Recent studies have demonstrated that VEGF mediates its angiogenic activity mainly through the tyrosine kinase receptor VEGFR2, while the VEGF/VEGFR2 pathway is thought to be the main signaling pathway of angiogenesis [5, 13,14,15]. Survival signaling from VEGFR2 is mainly transduced through the phosphoinositide 3-kinase (PI3 K)/Akt pathway, in which Akt is recognized as a critical regulator [9, 17, 41]. Akt is considered to be a key downstream kinase in the VEGF signaling cascades because of its roles in survival, proliferation, and migration of endothelial cells [9, 17, 41, 42].

The binding of VEGF to VEGFR2 results in VEGFR2 dimerization and the autophosphorylation of the Tyr1175 residue, which is crucial for VEGF-dependent endothelial cell proliferation [43]. VEGFR2 activation leads to the activation of both ERK1/2 and p38 MAPK pathways [8, 9]. ERK1/2 plays an important role in cell proliferation [8, 15], whereas p38 MAPK is implicated in vascular permeability, actin organization, and cell migration [8, 16, 44, 45].

Our exploration of the anti-angiogenic mechanism of MRBH shows that MRBH pretreatment significantly decreased the VEGF-induced activation of VEGFR2 in HUVECs (Fig. 5(B)). This inhibition of a key receptor represents a mechanism for the suppression effects of MRBH on cell proliferation, migration, and tube formation. MRBH was reported to be partially absorbed from the gut into the blood after oral intake of MRBH in mice [46]. The results from this study suggest that MRBH might directly inhibit VEGF binding to VEGFR2 in HUVECs, leading to suppression of the VEGFR2 phosphorylation. Additionally, MRBH pretreatment significantly inhibited VEGF-induced phosphorylation of the downstream signaling proteins Akt, ERK1/2, and p38 (Fig. 5(C–E)), suggesting that the influence of MRBH on cell proliferation might be through the PI3 K/Akt and ERK1/2 pathways following VEGFR2 activation. On the other hand, the observed inhibition of VEGF-induced migration by MRBH may be partly due to the reduction of VEGF-induced p38 activation, because p38 activated by VEGFR2 is involved in cell migration [8, 15].

VEGF is upregulated in many tumors [3] and contributes to the development of solid tumors by promoting tumor angiogenesis [3, 8]. Our findings of the inhibitory effects of MRBH on VEGF-induced angiogenesis are in agreement with previous reports concerning the anti-tumor activity of MRBH [22, 25, 35,36,37]. The anti-angiogenic activity of MRBH could contribute to its tumor suppression effects, as well as its anti-inflammatory effects on humans with chronic rheumatism [30] and IBS [31] and on acute liver injury in rats [29].

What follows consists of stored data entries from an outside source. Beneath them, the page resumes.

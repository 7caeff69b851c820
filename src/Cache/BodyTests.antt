-- ===== src/Cache/BodyTests.antt =====
-- Runs of internal/cache/postcache.go and batch.go, and the theorems at concrete inputs.
use smart_proxy.Base.Clean.{lacks}
use smart_proxy.Base.{
  text_eq, suc, ◌+◌, ◌<◌, ◌≡◌, refl, sym, ap, subst, ◌↔◌, inl, inr, true, false, some, List, [],
  ◌∷◌, arith, text_beq, text_beq_iff, Bool-cases, length, All, every,
}
use smart_proxy.Base.Text.{Text, text, join}
use smart_proxy.Base.Dict.{Dict, lookup}
use smart_proxy.Cache.Http.{HttpRequest, failed, object, SummaryRequest}
use smart_proxy.Cache.Memory.{MemoryCache, CachedResponse, set, new_memory_cache}
use smart_proxy.Cache.Memory.Invariant.{IsConsistent}
use smart_proxy.Cache.Memory.Steps.{new_memory_cache-IsConsistent}
use smart_proxy.Cache.Memory.Writes.{set-IsConsistent}
use smart_proxy.Cache.Memory.Bounds.{get-set}
use smart_proxy.Cache.Tiers.{TierConfig, cache_tier_moderate, never}
use smart_proxy.Cache.Post.{generate_post_cache_key, is_non_identity, strip_non_identity_fields}
use smart_proxy.Cache.Post.Depth.{Shrinks, strip_non_identity_fields_total}
use smart_proxy.Cache.Post.Identity.{Canonical, generate_post_cache_key_ignores}
use smart_proxy.Cache.Batch.{
  extract_foep_key, BatchEndpointConfig, batch_format_bare, foep, extract_key, extract_path_segment,
  extract_competitive_summary_key, batch_element_cache_key,
}
use smart_proxy.Cache.Batch.Elements.{
  parse_elements, handle_batch_cache, hit_reply, encode_elements,
}
use smart_proxy.Cache.Batch.Hits.{FromCache, nothing, next, handle_batch_cache_hit}
use smart_proxy.Cache.Batch.Keys.{extract_competitive_summary_key-perm, extract_path_segment_lem}
use mathlib.Core.List.Perm
use smart_proxy.Cache.Samples.{
  first_body, second_body, first_fields, second_fields, offer_body, encode_ids, json, outside,
  config, listing,
}

abbrev Knows : Text → Dict Text Text → Type 0
Knows v d = All (λ kv. length kv.1 < length v) d

json_Shrinks : Shrinks json
json_Shrinks v d h = elim (Bool-cases (text_beq v first_body)) [
  | inl e ↦
      let same : first_fields ≡ d = ground (arith, rw e at h) in
      subst (Knows v) same
        (subst (λ t. Knows t first_fields) (sym ((text_beq_iff v first_body).0 e)) (ground arith))
  | inr e ↦ elim (Bool-cases (text_beq v second_body)) [
    | inl f ↦
        let same : second_fields ≡ d = ground (arith, rw (e, f) at h) in
        subst (Knows v) same (
          subst (λ t. Knows t second_fields) (sym ((text_beq_iff v second_body).0 f))
            (ground arith))
    | inr f ↦ let no : failed ≡ object d = rw (e, f) at h in absurd (ground (arith, no))
  ]
]

json_Canonical : Canonical json
json_Canonical d e agree = ap encode_ids (agree (text "ids"))

strip_non_identity_fields_total_example :
    (s : Dict Text Text) × (strip_non_identity_fields json (suc (length first_body)) first_fields
      ≡ some s)
    × (strip_non_identity_fields json (suc (length first_body + 3)) first_fields ≡ some s)
strip_non_identity_fields_total_example =
    strip_non_identity_fields_total json json_Shrinks first_body first_fields 3
      (unfold text_beq in refl)

same_identity :
    (k : Text) → is_non_identity k ≡ false → lookup k first_fields ≡ lookup k second_fields
unfolding lookup
same_identity k h =
    ground (arith, text_beq_iff (text "Identifier") k, text_beq_iff k (text "Identifier"))

generate_post_cache_key_ignores_example :
    generate_post_cache_key outside (text "m") (text "/shipping/v1/rates") first_body
    ≡ generate_post_cache_key outside (text "m") (text "/shipping/v1/rates") second_body
generate_post_cache_key_ignores_example =
    generate_post_cache_key_ignores outside json_Shrinks json_Canonical (text "m")
      (text "/shipping/v1/rates") first_body second_body first_fields second_fields
      (unfold text_beq in refl) (unfold text_beq in refl) same_identity

abbrev fees_path : Text
fees_path = text "/products/fees/v0/feesEstimate"

abbrev bare_foep : BatchEndpointConfig
bare_foep = record { format = batch_format_bare; extract_key = foep; wrap_req = []; wrap_resp = [] }

abbrev estimate : HttpRequest
estimate = record listing { method = text "POST"; path = fees_path; body = some offer_body }

abbrev element : CachedResponse
element = record {
  status_code = 200;
  headers = [];
  body = text "{}";
  cached_at = 7;
  ttl = 60;
  source_request_id = text "r1";
}

abbrev element_key : Text
element_key = batch_element_cache_key (text "m") fees_path (text "foep:S:M")

abbrev holding : MemoryCache
holding = set (new_memory_cache 1_000) element_key element 60 7

holding-IsConsistent : IsConsistent holding
holding-IsConsistent =
    set-IsConsistent (new_memory_cache 1_000) element_key element 60 7
      (new_memory_cache-IsConsistent 1_000)

abbrev moderate : TierConfig
moderate = record (never false) {
  tier = cache_tier_moderate;
  default_ttl = 60;
  batch_cacheable = true;
}

element_FromCache :
    FromCache json (text "m") fees_path bare_foep 9 holding (text "{}" ∷ []) (text "{}" ∷ [])
unfolding extract_key extract_foep_key join text_beq
element_FromCache =
    next {elem = text "{}"} {suffix = text "foep:S:M"} refl
      (get-set (new_memory_cache 1_000) element_key element 60 7 9
        (new_memory_cache-IsConsistent 1_000) (omega arith))
      nothing

handle_batch_cache_hit_example :
    ((handle_batch_cache outside holding estimate bare_foep moderate config 9 10).forwarded ≡ false)
    ↔ ((bodies : List Text) × (answer : Text) × FromCache json
          (text "m")
          fees_path
          bare_foep
          9
          holding
          (text "{}" ∷ [])
          bodies
        × (encode_elements json bare_foep bodies ≡ some answer)
        × ((handle_batch_cache outside holding estimate bare_foep moderate config 9 10).reply
            ≡ hit_reply outside answer))
unfolding parse_elements
handle_batch_cache_hit_example =
    handle_batch_cache_hit outside estimate bare_foep moderate config 9 10 offer_body (text "{}") []
      holding holding-IsConsistent refl refl

abbrev summary : List Text → SummaryRequest
summary included = record { asin = text "A"; marketplace_id = text "M"; included_data = included }

extract_competitive_summary_key-perm_example :
    extract_competitive_summary_key (summary (text "b" ∷ text "a" ∷ []))
    ≡ extract_competitive_summary_key (summary (text "a" ∷ text "b" ∷ []))
extract_competitive_summary_key-perm_example =
    extract_competitive_summary_key-perm (text "A") (text "M") (text "b" ∷ text "a" ∷ [])
      (text "a" ∷ text "b" ∷ []) (Perm.swap (text "a") (text "b") [])

extract_path_segment_lem_example :
    extract_path_segment (text "/items/B0/offers?x") (text "/items/") (text "/offers") ≡ text "B0"
extract_path_segment_lem_example =
    extract_path_segment_lem (text "/items/") (text "B0") (text "offers") (text "?x")
      (unfold lacks every in refl)
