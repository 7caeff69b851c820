-- ===== src/Cache/Middleware.antt =====
-- internal/cache/middleware.go: the handler, and the conditions under which a request goes past the
-- cache. `pii` is the answer of the classifier's checker of personal data for the request.
pub mod Own
pub mod Single
pub mod Batched
pub mod Owned
pub mod Laws
use smart_proxy.Base.{
  ℕ, Bool, true, false, not, ◌&&◌, Option, none, some, List, [], if◌then◌else◌, ◌==◌, nat_eq,
  text_eq,
}
use smart_proxy.Base.Text.{Text, text}
use smart_proxy.Cache.Http.{HttpRequest, CacheConfig, Served, Outside, set_header}
use smart_proxy.Cache.Memory.{MemoryCache}
use smart_proxy.Cache.Invalidation.{invalidate_on_mutation}
use smart_proxy.Cache.Tiers.{TierConfig, TierPattern, CacheTier, cache_tier_never, classify_tier}
use smart_proxy.Cache.Keys.{generate_cache_key, sanitize_cache_key_suffix}
use smart_proxy.Cache.Serve.{pass, serve_key, cache_header}
use smart_proxy.Cache.Post.{handle_post_cache}
use smart_proxy.Cache.Batch.{lookup_batch_config}
use smart_proxy.Cache.Batch.Elements.{handle_batch_cache}

abbrev pub is_never : CacheTier → Bool
is_never cache_tier_never = true
is_never _ = false

module _ (out : Outside) where
  -- `none` is the code's false: the caller goes on
  unfoldable pub handle_cache_preconditions :
      MemoryCache → HttpRequest → TierConfig → CacheConfig → Option Served
  unfolding pass invalidate_on_mutation set_header
  handle_cache_preconditions mc r tier cfg =
      if is_never tier.tier && not tier.pii_excluded
      then some (
          pass out
            (if r.method == text "GET"
              then mc
              else invalidate_on_mutation mc r.merchant_key r.method r.path)
            [] r)
      else if cfg.exclude_pii && tier.pii_excluded
      then some (pass out mc (set_header [] cache_header (text "PII_EXCLUDED")) r)
      else if r.no_cache == text "true"
      then some (pass out mc (set_header [] cache_header (text "BYPASS")) r)
      else none

  abbrev pub get_key : HttpRequest → Text
  get_key r =
      generate_cache_key out.parse_query r.merchant_key r.method r.path r.raw_query
        (sanitize_cache_key_suffix r.cache_key)

  -- the rest of the handler, where no precondition holds
  unfoldable pub serve_cacheable :
      MemoryCache → HttpRequest → TierConfig → CacheConfig → ℕ → ℕ → Served
  unfolding serve_key handle_post_cache handle_batch_cache lookup_batch_config
  serve_cacheable mc r tier cfg now later =
      let single =
        if r.method == text "POST" && tier.post_cacheable
        then handle_post_cache out mc r tier cfg now later
        else serve_key out mc (get_key r) r tier cfg now later in
      if r.method == text "POST" && tier.batch_cacheable
      then elim (lookup_batch_config r.path) [
        | some bcfg ↦ handle_batch_cache out mc r bcfg tier cfg now later
        | none ↦ single
      ]
      else single

  unfoldable pub cache_middleware :
      MemoryCache → List TierPattern → CacheConfig → HttpRequest → Bool → ℕ → ℕ → Served
  unfolding pass handle_cache_preconditions serve_cacheable classify_tier
  cache_middleware mc tiers cfg r pii now later =
      let tier = classify_tier tiers r.method r.path pii in
      if not cfg.enabled
      then pass out mc [] r
      else elim (handle_cache_preconditions mc r tier cfg) [
        | some served ↦ served
        | none ↦ serve_cacheable mc r tier cfg now later
      ]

In conclusion, to our knowledge, this is the first study to demonstrate that MRBH has inhibitory effects on angiogenesis in vitro. The observed inhibition of VEGFR2 and downstream signaling proteins Akt, ERK1/2, and p38 is a possible anti-angiogenic mechanism. Moreover, the effects of MRBH on tumor growth [25, 35,36,37] and inflammation [29,30,31] reported previously might also be associated with its anti-angiogenic activity. Our findings suggest that MRBH might be effective in the treatment of angiogenesis-related diseases, and this requires further study.